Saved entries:
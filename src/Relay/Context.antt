-- ===== src/Relay/Context.antt =====
-- services/relay-node/src/circuit/handler.rs and core/keypair.rs: the state that the handlers of the
-- three kinds of relay share, what they may answer, and the world that they act on.
use nopanic.Prelude.{ℕ, List, Option, none, some, Bool, Result}
use nopanic.Error.{TorError}
use nopanic.Protocol.{MessageCommand}
use nopanic.Protocol.Wire.{Reader, Writer, IoError}
use nopanic.Crypto.Library.{Crypto}
use nopanic.Crypto.{SessionKey, CipherPair, new_pair}
use nopanic.Crypto.Ntor.{ntor_server}

pub data CircuitState : Type 0 where
  initializing active closing closed : CircuitState

-- The `anyhow` errors of the handlers, one for each message.
pub data HandlerError : Type 0 where
  create_too_short extended_too_short created_too_short : HandlerError
  not_established no_crypto_state no_writer : HandlerError
  extend_too_short missing_address_separator key_too_short : HandlerError
  missing_fingerprint_separator invalid_utf8 invalid_address connect_failed : HandlerError
  timed_out closed_waiting : HandlerError
  read_failed : IoError → HandlerError
  write_failed : TorError → HandlerError
  expected_created : MessageCommand → HandlerError
  unexpected_command : MessageCommand → HandlerError
  digest_mismatch : MessageCommand → HandlerError
  circuit_not_found : ℕ → HandlerError

-- A connection to the next hop: its write half, whether it stays silent past the timeout, and what
-- it sends after the bytes that were written.
pub record Peer : Type 0 where
  pub write : Writer
  pub silent : Bool
  pub answer : List ℕ → Reader

-- What the code takes from outside: random bytes, the ephemeral secret of a handshake, the parser
-- of socket addresses, the connection to an address under a TLS fingerprint, and the connection to
-- a destination, which fails with a text.
pub record World : Type 0 where
  pub rng : ℕ → ℕ
  pub ephemeral : List ℕ
  pub parse_addr : List ℕ → Bool
  pub dial : List ℕ → List ℕ → Option Peer
  pub connect : List ℕ → Result (List ℕ) (Unit {0})

-- The commands that entry and middle relays send on where they have a next hop.
pub data Relayed : MessageCommand → Type 0 where
  relayed_data : Relayed MessageCommand.data_cell
  relayed_begin : Relayed MessageCommand.begin
  relayed_end : Relayed MessageCommand.end
  relayed_connected : Relayed MessageCommand.connected
  relayed_extend : Relayed MessageCommand.extend

pub record KeyPair : Type 0 where
  pub public : List ℕ
  pub secret_bytes : List ℕ

pub record NextHop : Type 0 where
  pub write : Writer
  pub read : Option Reader

module _ (lib : Crypto) where
  -- `KeyPair::ntor_server_handshake`
  unfoldable pub ntor_server_handshake : World → KeyPair → List ℕ → List ℕ × List ℕ × SessionKey
  ntor_server_handshake world k client_public =
      ntor_server lib world.ephemeral k.secret_bytes k.public client_public

  pub record CircuitContext : Type 0 where
    pub circuit_id : ℕ
    pub state : CircuitState
    pub session_key : Option SessionKey
    pub cipher_pair : Option (CipherPair lib)

  unfoldable pub new_context : ℕ → CircuitContext
  new_context circuit_id = record {
    circuit_id = circuit_id;
    state = initializing;
    session_key = none;
    cipher_pair = none;
  }

  unfoldable pub activate : CircuitContext → SessionKey → CircuitContext
  activate c key = record c {
    cipher_pair = some (new_pair lib key);
    session_key = some key;
    state = active;
  }

  unfoldable pub close_context : CircuitContext → CircuitContext
  close_context c = record c { state = closed; session_key = none; cipher_pair = none }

- [BRIEF] Give the data back in full, exactly as written.

- [WRITTEN SOLUTION]
filename src/Relay/Context.antt
-- ===== src/Relay/Context.antt =====
-- services/relay-node/src/circuit/handler.rs and core/keypair.rs: the state that the handlers of the
-- three kinds of relay share, what they may answer, and the world that they act on.
use nopanic.Prelude.{ℕ, List, Option, none, some, Bool, Result}
use nopanic.Error.{TorError}
use nopanic.Protocol.{MessageCommand}
use nopanic.Protocol.Wire.{Reader, Writer, IoError}
use nopanic.Crypto.Library.{Crypto}
use nopanic.Crypto.{SessionKey, CipherPair, new_pair}
use nopanic.Crypto.Ntor.{ntor_server}

pub data CircuitState : Type 0 where
  initializing active closing closed : CircuitState

-- The `anyhow` errors of the handlers, one for each message.
pub data HandlerError : Type 0 where
  create_too_short extended_too_short created_too_short : HandlerError
  not_established no_crypto_state no_writer : HandlerError
  extend_too_short missing_address_separator key_too_short : HandlerError
  missing_fingerprint_separator invalid_utf8 invalid_address connect_failed : HandlerError
  timed_out closed_waiting : HandlerError
  read_failed : IoError → HandlerError
  write_failed : TorError → HandlerError
  expected_created : MessageCommand → HandlerError
  unexpected_command : MessageCommand → HandlerError
  digest_mismatch : MessageCommand → HandlerError
  circuit_not_found : ℕ → HandlerError

-- A connection to the next hop: its write half, whether it stays silent past the timeout, and what
-- it sends after the bytes that were written.
pub record Peer : Type 0 where
  pub write : Writer
  pub silent : Bool
  pub answer : List ℕ → Reader

-- What the code takes from outside: random bytes, the ephemeral secret of a handshake, the parser
-- of socket addresses, the connection to an address under a TLS fingerprint, and the connection to
-- a destination, which fails with a text.
pub record World : Type 0 where
  pub rng : ℕ → ℕ
  pub ephemeral : List ℕ
  pub parse_addr : List ℕ → Bool
  pub dial : List ℕ → List ℕ → Option Peer
  pub connect : List ℕ → Result (List ℕ) (Unit {0})

-- The commands that entry and middle relays send on where they have a next hop.
pub data Relayed : MessageCommand → Type 0 where
  relayed_data : Relayed MessageCommand.data_cell
  relayed_begin : Relayed MessageCommand.begin
  relayed_end : Relayed MessageCommand.end
  relayed_connected : Relayed MessageCommand.connected
  relayed_extend : Relayed MessageCommand.extend

pub record KeyPair : Type 0 where
  pub public : List ℕ
  pub secret_bytes : List ℕ

pub record NextHop : Type 0 where
  pub write : Writer
  pub read : Option Reader

module _ (lib : Crypto) where
  -- `KeyPair::ntor_server_handshake`
  unfoldable pub ntor_server_handshake : World → KeyPair → List ℕ → List ℕ × List ℕ × SessionKey
  ntor_server_handshake world k client_public =
      ntor_server lib world.ephemeral k.secret_bytes k.public client_public

  pub record CircuitContext : Type 0 where
    pub circuit_id : ℕ
    pub state : CircuitState
    pub session_key : Option SessionKey
    pub cipher_pair : Option (CipherPair lib)

  unfoldable pub new_context : ℕ → CircuitContext
  new_context circuit_id = record {
    circuit_id = circuit_id;
    state = initializing;
    session_key = none;
    cipher_pair = none;
  }

  unfoldable pub activate : CircuitContext → SessionKey → CircuitContext
  activate c key = record c {
    cipher_pair = some (new_pair lib key);
    session_key = some key;
    state = active;
  }

  unfoldable pub close_context : CircuitContext → CircuitContext
  close_context c = record c { state = closed; session_key = none; cipher_pair = none }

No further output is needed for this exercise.